Problem to solve :: Nothing in the records that follow should differ once you have copied them out.

# # # # # # #

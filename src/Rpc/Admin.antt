-- ===== src/Rpc/Admin.antt =====
-- `AdminRPC` of nodes/rpc.go.
pub mod Requests
pub mod Dispatch
pub mod Arguments
pub mod Refusals
use ratnet.Prelude.{
  ℕ, Bool, true, false, ◌||◌, Option, none, some, List, [], ◌∷◌, Bytes, bytes_beq, if◌then◌else◌,
}
use ratnet.Go.{Failure, Action, pure, fail, ◌>>=◌, ◌>>◌}
use ratnet.Wire.Value.{Value, Values, end, item, PubKey}
use ratnet.Wire.Calls.{RemoteCall}
use ratnet.Rpc.{
  NodeApi, Answer, with_one, with_two, with_three, with_string, with_bytes, with_key, done,
  public_rpc,
}
use ratnet.Rpc.Numbers.{Method, method_of}

-- `strconv.ParseBool`: "1", "t", "T", "TRUE", "true", "True", and the six for false.
unfoldable pub parse_bool : Bytes → Option Bool
parse_bool s =
    if bytes_beq s (49 ∷ [])
      || bytes_beq s (116 ∷ [])
      || bytes_beq s (84 ∷ [])
      || bytes_beq s (84 ∷ 82 ∷ 85 ∷ 69 ∷ [])
      || bytes_beq s (116 ∷ 114 ∷ 117 ∷ 101 ∷ [])
      || bytes_beq s (84 ∷ 114 ∷ 117 ∷ 101 ∷ [])
    then some true
    else if bytes_beq s (48 ∷ [])
        || bytes_beq s (102 ∷ [])
        || bytes_beq s (70 ∷ [])
        || bytes_beq s (70 ∷ 65 ∷ 76 ∷ 83 ∷ 69 ∷ [])
        || bytes_beq s (102 ∷ 97 ∷ 108 ∷ 115 ∷ 101 ∷ [])
        || bytes_beq s (70 ∷ 97 ∷ 108 ∷ 115 ∷ 101 ∷ [])
    then some false
    else none

-- Invalid argument
abbrev bad : Failure
bad = Failure.invalid_argument

-- A pointer that is nil is an answer of nil.
unfoldable pub or_nil : {Ecc Rsa A : Type 0} → (A → Value Ecc Rsa) → Option A → Value Ecc Rsa
or_nil f none = Value.nil
or_nil f (some a) = f a

module _ {S Ecc Rsa : Type 0} where
  unfoldable pub with_flag : Option Bool → (Bool → Answer S Ecc Rsa) → Answer S Ecc Rsa
  with_flag none k = fail Failure.invalid_bool
  with_flag (some b) k = k b

  -- The name, and what the node knows by it.
  unfoldable pub by_name :
      {A : Type 0}
      → (Bytes → Action S (Option A))
      → (A → Value Ecc Rsa)
      → Values Ecc Rsa
      → Answer S Ecc Rsa
  unfolding with_one with_string or_nil
  by_name get f args =
      with_one args λ a _. with_string bad a λ name. get name >>= λ found. pure (or_nil f found)

  -- A change by a name, or by a name and a key.
  unfoldable pub change_by_name : (Bytes → Action S Unit) → Values Ecc Rsa → Answer S Ecc Rsa
  unfolding with_one with_string done
  change_by_name change args = with_one args λ a _. with_string bad a λ name. done (change name)

  unfoldable pub change_by_key : (Bytes → Bytes → Action S Unit) → Values Ecc Rsa → Answer S Ecc Rsa
  unfolding with_two with_string done
  change_by_key change args =
      with_two args
        λ a b _. with_string bad a λ name. with_string bad b λ key. done (change name key)

  -- GetPeers: at most one argument, the group.
  unfoldable pub peers_by_group :
      (List Bytes → Action S (Value Ecc Rsa)) → Values Ecc Rsa → Answer S Ecc Rsa
  unfolding with_string
  peers_by_group get end = get ([] ∷ [])
  peers_by_group get (item a end) = with_string bad a λ group. get (group ∷ [])
  peers_by_group get (item a (item b args)) = fail Failure.invalid_argument_count

  -- AddPeer: the group is optional, and may be nil.
  unfoldable pub with_group : Values Ecc Rsa → (List Bytes → Answer S Ecc Rsa) → Answer S Ecc Rsa
  unfolding with_string
  with_group end k = k []
  with_group (item Value.nil args) k = k []
  with_group (item a args) k = with_string bad a λ group. k (group ∷ [])

  -- Send and SendChannel: the key is optional.
  unfoldable pub with_optional_key :
      Values Ecc Rsa → (Option (PubKey Ecc Rsa) → Answer S Ecc Rsa) → Answer S Ecc Rsa
  unfolding with_key
  with_optional_key end k = k none
  with_optional_key (item a args) k = with_key bad a λ key. k (some key)

  unfoldable pub send_by :
      (Bytes → Bytes → Option (PubKey Ecc Rsa) → Action S Unit) → Values Ecc Rsa → Answer S Ecc Rsa
  unfolding with_two with_string with_bytes with_optional_key done
  send_by send args = with_two args λ a b more.
      with_string bad a
        λ name. with_bytes b λ msg. with_optional_key more λ key. done (send name msg key)

  module _ (node : NodeApi S Ecc Rsa) where
    unfoldable pub add_profile_args : Values Ecc Rsa → Answer S Ecc Rsa
    unfolding with_two with_string with_flag parse_bool done
    add_profile_args args = with_two args λ a b _. with_string bad a λ name.
        with_string bad b
          λ enabled. with_flag (parse_bool enabled) λ flag. done (node.add_profile name flag)

    unfoldable pub add_peer_args : Values Ecc Rsa → Answer S Ecc Rsa
    unfolding with_three with_string with_flag with_group parse_bool done
    add_peer_args args = with_three args λ a b c more. with_string bad a λ name.
        with_string bad b λ enabled. with_string bad c λ uri.
          with_flag (parse_bool enabled)
            λ flag. with_group more λ group. done (node.add_peer name flag uri group)

    unfoldable pub admin_method : ℕ → Option Method → RemoteCall Ecc Rsa → Answer S Ecc Rsa
    unfolding by_name change_by_name change_by_key peers_by_group send_by add_profile_args
        add_peer_args public_rpc
    admin_method byte_limit (some Method.cid) call = node.cid >>= λ k. pure (Value.pub_key k)
    admin_method byte_limit (some Method.get_contact) call =
        by_name node.get_contact Value.contact call.args
    admin_method byte_limit (some Method.get_contacts) call =
        node.get_contacts >>= λ cs. pure (Value.contacts cs)
    admin_method byte_limit (some Method.add_contact) call =
        change_by_key node.add_contact call.args
    admin_method byte_limit (some Method.delete_contact) call =
        change_by_name node.delete_contact call.args
    admin_method byte_limit (some Method.get_channel) call =
        by_name node.get_channel Value.channel call.args
    admin_method byte_limit (some Method.get_channels) call =
        node.get_channels >>= λ cs. pure (Value.channels cs)
    admin_method byte_limit (some Method.add_channel) call =
        change_by_key node.add_channel call.args
    admin_method byte_limit (some Method.delete_channel) call =
        change_by_name node.delete_channel call.args
    admin_method byte_limit (some Method.get_profile) call =
        by_name node.get_profile Value.profile call.args
    admin_method byte_limit (some Method.get_profiles) call =
        node.get_profiles >>= λ ps. pure (Value.profiles ps)
    admin_method byte_limit (some Method.add_profile) call = add_profile_args call.args
    admin_method byte_limit (some Method.delete_profile) call =
        change_by_name node.delete_profile call.args
    admin_method byte_limit (some Method.load_profile) call =
        by_name node.load_profile Value.pub_key call.args
    admin_method byte_limit (some Method.get_peer) call = by_name node.get_peer Value.peer call.args
    admin_method byte_limit (some Method.get_peers) call =
        peers_by_group (λ group. node.get_peers group >>= λ ps. pure (Value.peers ps)) call.args
    admin_method byte_limit (some Method.add_peer) call = add_peer_args call.args
    admin_method byte_limit (some Method.delete_peer) call =
        change_by_name node.delete_peer call.args
    admin_method byte_limit (some Method.send) call = send_by node.send call.args
    admin_method byte_limit (some Method.send_channel) call = send_by node.send_channel call.args
    admin_method byte_limit _ call = public_rpc node byte_limit call

    unfoldable pub admin_rpc : ℕ → RemoteCall Ecc Rsa → Answer S Ecc Rsa
    unfolding admin_method method_of
    admin_rpc byte_limit call = admin_method byte_limit (method_of call.action) call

# # # # # # #

Solution to this exercise ::
filename src/Rpc/Admin.antt
-- ===== src/Rpc/Admin.antt =====
-- `AdminRPC` of nodes/rpc.go.
pub mod Requests
pub mod Dispatch
pub mod Arguments
pub mod Refusals
use ratnet.Prelude.{
  ℕ, Bool, true, false, ◌||◌, Option, none, some, List, [], ◌∷◌, Bytes, bytes_beq, if◌then◌else◌,
}
use ratnet.Go.{Failure, Action, pure, fail, ◌>>=◌, ◌>>◌}
use ratnet.Wire.Value.{Value, Values, end, item, PubKey}
use ratnet.Wire.Calls.{RemoteCall}
use ratnet.Rpc.{
  NodeApi, Answer, with_one, with_two, with_three, with_string, with_bytes, with_key, done,
  public_rpc,
}
use ratnet.Rpc.Numbers.{Method, method_of}

-- `strconv.ParseBool`: "1", "t", "T", "TRUE", "true", "True", and the six for false.
unfoldable pub parse_bool : Bytes → Option Bool
parse_bool s =
    if bytes_beq s (49 ∷ [])
      || bytes_beq s (116 ∷ [])
      || bytes_beq s (84 ∷ [])
      || bytes_beq s (84 ∷ 82 ∷ 85 ∷ 69 ∷ [])
      || bytes_beq s (116 ∷ 114 ∷ 117 ∷ 101 ∷ [])
      || bytes_beq s (84 ∷ 114 ∷ 117 ∷ 101 ∷ [])
    then some true
    else if bytes_beq s (48 ∷ [])
        || bytes_beq s (102 ∷ [])
        || bytes_beq s (70 ∷ [])
        || bytes_beq s (70 ∷ 65 ∷ 76 ∷ 83 ∷ 69 ∷ [])
        || bytes_beq s (102 ∷ 97 ∷ 108 ∷ 115 ∷ 101 ∷ [])
        || bytes_beq s (70 ∷ 97 ∷ 108 ∷ 115 ∷ 101 ∷ [])
    then some false
    else none

-- Invalid argument
abbrev bad : Failure
bad = Failure.invalid_argument

-- A pointer that is nil is an answer of nil.
unfoldable pub or_nil : {Ecc Rsa A : Type 0} → (A → Value Ecc Rsa) → Option A → Value Ecc Rsa
or_nil f none = Value.nil
or_nil f (some a) = f a

module _ {S Ecc Rsa : Type 0} where
  unfoldable pub with_flag : Option Bool → (Bool → Answer S Ecc Rsa) → Answer S Ecc Rsa
  with_flag none k = fail Failure.invalid_bool
  with_flag (some b) k = k b

  -- The name, and what the node knows by it.
  unfoldable pub by_name :
      {A : Type 0}
      → (Bytes → Action S (Option A))
      → (A → Value Ecc Rsa)
      → Values Ecc Rsa
      → Answer S Ecc Rsa
  unfolding with_one with_string or_nil
  by_name get f args =
      with_one args λ a _. with_string bad a λ name. get name >>= λ found. pure (or_nil f found)

  -- A change by a name, or by a name and a key.
  unfoldable pub change_by_name : (Bytes → Action S Unit) → Values Ecc Rsa → Answer S Ecc Rsa
  unfolding with_one with_string done
  change_by_name change args = with_one args λ a _. with_string bad a λ name. done (change name)

  unfoldable pub change_by_key : (Bytes → Bytes → Action S Unit) → Values Ecc Rsa → Answer S Ecc Rsa
  unfolding with_two with_string done
  change_by_key change args =
      with_two args
        λ a b _. with_string bad a λ name. with_string bad b λ key. done (change name key)

  -- GetPeers: at most one argument, the group.
  unfoldable pub peers_by_group :
      (List Bytes → Action S (Value Ecc Rsa)) → Values Ecc Rsa → Answer S Ecc Rsa
  unfolding with_string
  peers_by_group get end = get ([] ∷ [])
  peers_by_group get (item a end) = with_string bad a λ group. get (group ∷ [])
  peers_by_group get (item a (item b args)) = fail Failure.invalid_argument_count

  -- AddPeer: the group is optional, and may be nil.
  unfoldable pub with_group : Values Ecc Rsa → (List Bytes → Answer S Ecc Rsa) → Answer S Ecc Rsa
  unfolding with_string
  with_group end k = k []
  with_group (item Value.nil args) k = k []
  with_group (item a args) k = with_string bad a λ group. k (group ∷ [])

  -- Send and SendChannel: the key is optional.
  unfoldable pub with_optional_key :
      Values Ecc Rsa → (Option (PubKey Ecc Rsa) → Answer S Ecc Rsa) → Answer S Ecc Rsa
  unfolding with_key
  with_optional_key end k = k none
  with_optional_key (item a args) k = with_key bad a λ key. k (some key)

  unfoldable pub send_by :
      (Bytes → Bytes → Option (PubKey Ecc Rsa) → Action S Unit) → Values Ecc Rsa → Answer S Ecc Rsa
  unfolding with_two with_string with_bytes with_optional_key done
  send_by send args = with_two args λ a b more.
      with_string bad a
        λ name. with_bytes b λ msg. with_optional_key more λ key. done (send name msg key)

  module _ (node : NodeApi S Ecc Rsa) where
    unfoldable pub add_profile_args : Values Ecc Rsa → Answer S Ecc Rsa
    unfolding with_two with_string with_flag parse_bool done
    add_profile_args args = with_two args λ a b _. with_string bad a λ name.
        with_string bad b
          λ enabled. with_flag (parse_bool enabled) λ flag. done (node.add_profile name flag)

    unfoldable pub add_peer_args : Values Ecc Rsa → Answer S Ecc Rsa
    unfolding with_three with_string with_flag with_group parse_bool done
    add_peer_args args = with_three args λ a b c more. with_string bad a λ name.
        with_string bad b λ enabled. with_string bad c λ uri.
          with_flag (parse_bool enabled)
            λ flag. with_group more λ group. done (node.add_peer name flag uri group)

    unfoldable pub admin_method : ℕ → Option Method → RemoteCall Ecc Rsa → Answer S Ecc Rsa
    unfolding by_name change_by_name change_by_key peers_by_group send_by add_profile_args
        add_peer_args public_rpc
    admin_method byte_limit (some Method.cid) call = node.cid >>= λ k. pure (Value.pub_key k)
    admin_method byte_limit (some Method.get_contact) call =
        by_name node.get_contact Value.contact call.args
    admin_method byte_limit (some Method.get_contacts) call =
        node.get_contacts >>= λ cs. pure (Value.contacts cs)
    admin_method byte_limit (some Method.add_contact) call =
        change_by_key node.add_contact call.args
    admin_method byte_limit (some Method.delete_contact) call =
        change_by_name node.delete_contact call.args
    admin_method byte_limit (some Method.get_channel) call =
        by_name node.get_channel Value.channel call.args
    admin_method byte_limit (some Method.get_channels) call =
        node.get_channels >>= λ cs. pure (Value.channels cs)
    admin_method byte_limit (some Method.add_channel) call =
        change_by_key node.add_channel call.args
    admin_method byte_limit (some Method.delete_channel) call =
        change_by_name node.delete_channel call.args
    admin_method byte_limit (some Method.get_profile) call =
        by_name node.get_profile Value.profile call.args
    admin_method byte_limit (some Method.get_profiles) call =
        node.get_profiles >>= λ ps. pure (Value.profiles ps)
    admin_method byte_limit (some Method.add_profile) call = add_profile_args call.args
    admin_method byte_limit (some Method.delete_profile) call =
        change_by_name node.delete_profile call.args
    admin_method byte_limit (some Method.load_profile) call =
        by_name node.load_profile Value.pub_key call.args
    admin_method byte_limit (some Method.get_peer) call = by_name node.get_peer Value.peer call.args
    admin_method byte_limit (some Method.get_peers) call =
        peers_by_group (λ group. node.get_peers group >>= λ ps. pure (Value.peers ps)) call.args
    admin_method byte_limit (some Method.add_peer) call = add_peer_args call.args
    admin_method byte_limit (some Method.delete_peer) call =
        change_by_name node.delete_peer call.args
    admin_method byte_limit (some Method.send) call = send_by node.send call.args
    admin_method byte_limit (some Method.send_channel) call = send_by node.send_channel call.args
    admin_method byte_limit _ call = public_rpc node byte_limit call

    unfoldable pub admin_rpc : ℕ → RemoteCall Ecc Rsa → Answer S Ecc Rsa
    unfolding admin_method method_of
    admin_rpc byte_limit call = admin_method byte_limit (method_of call.action) call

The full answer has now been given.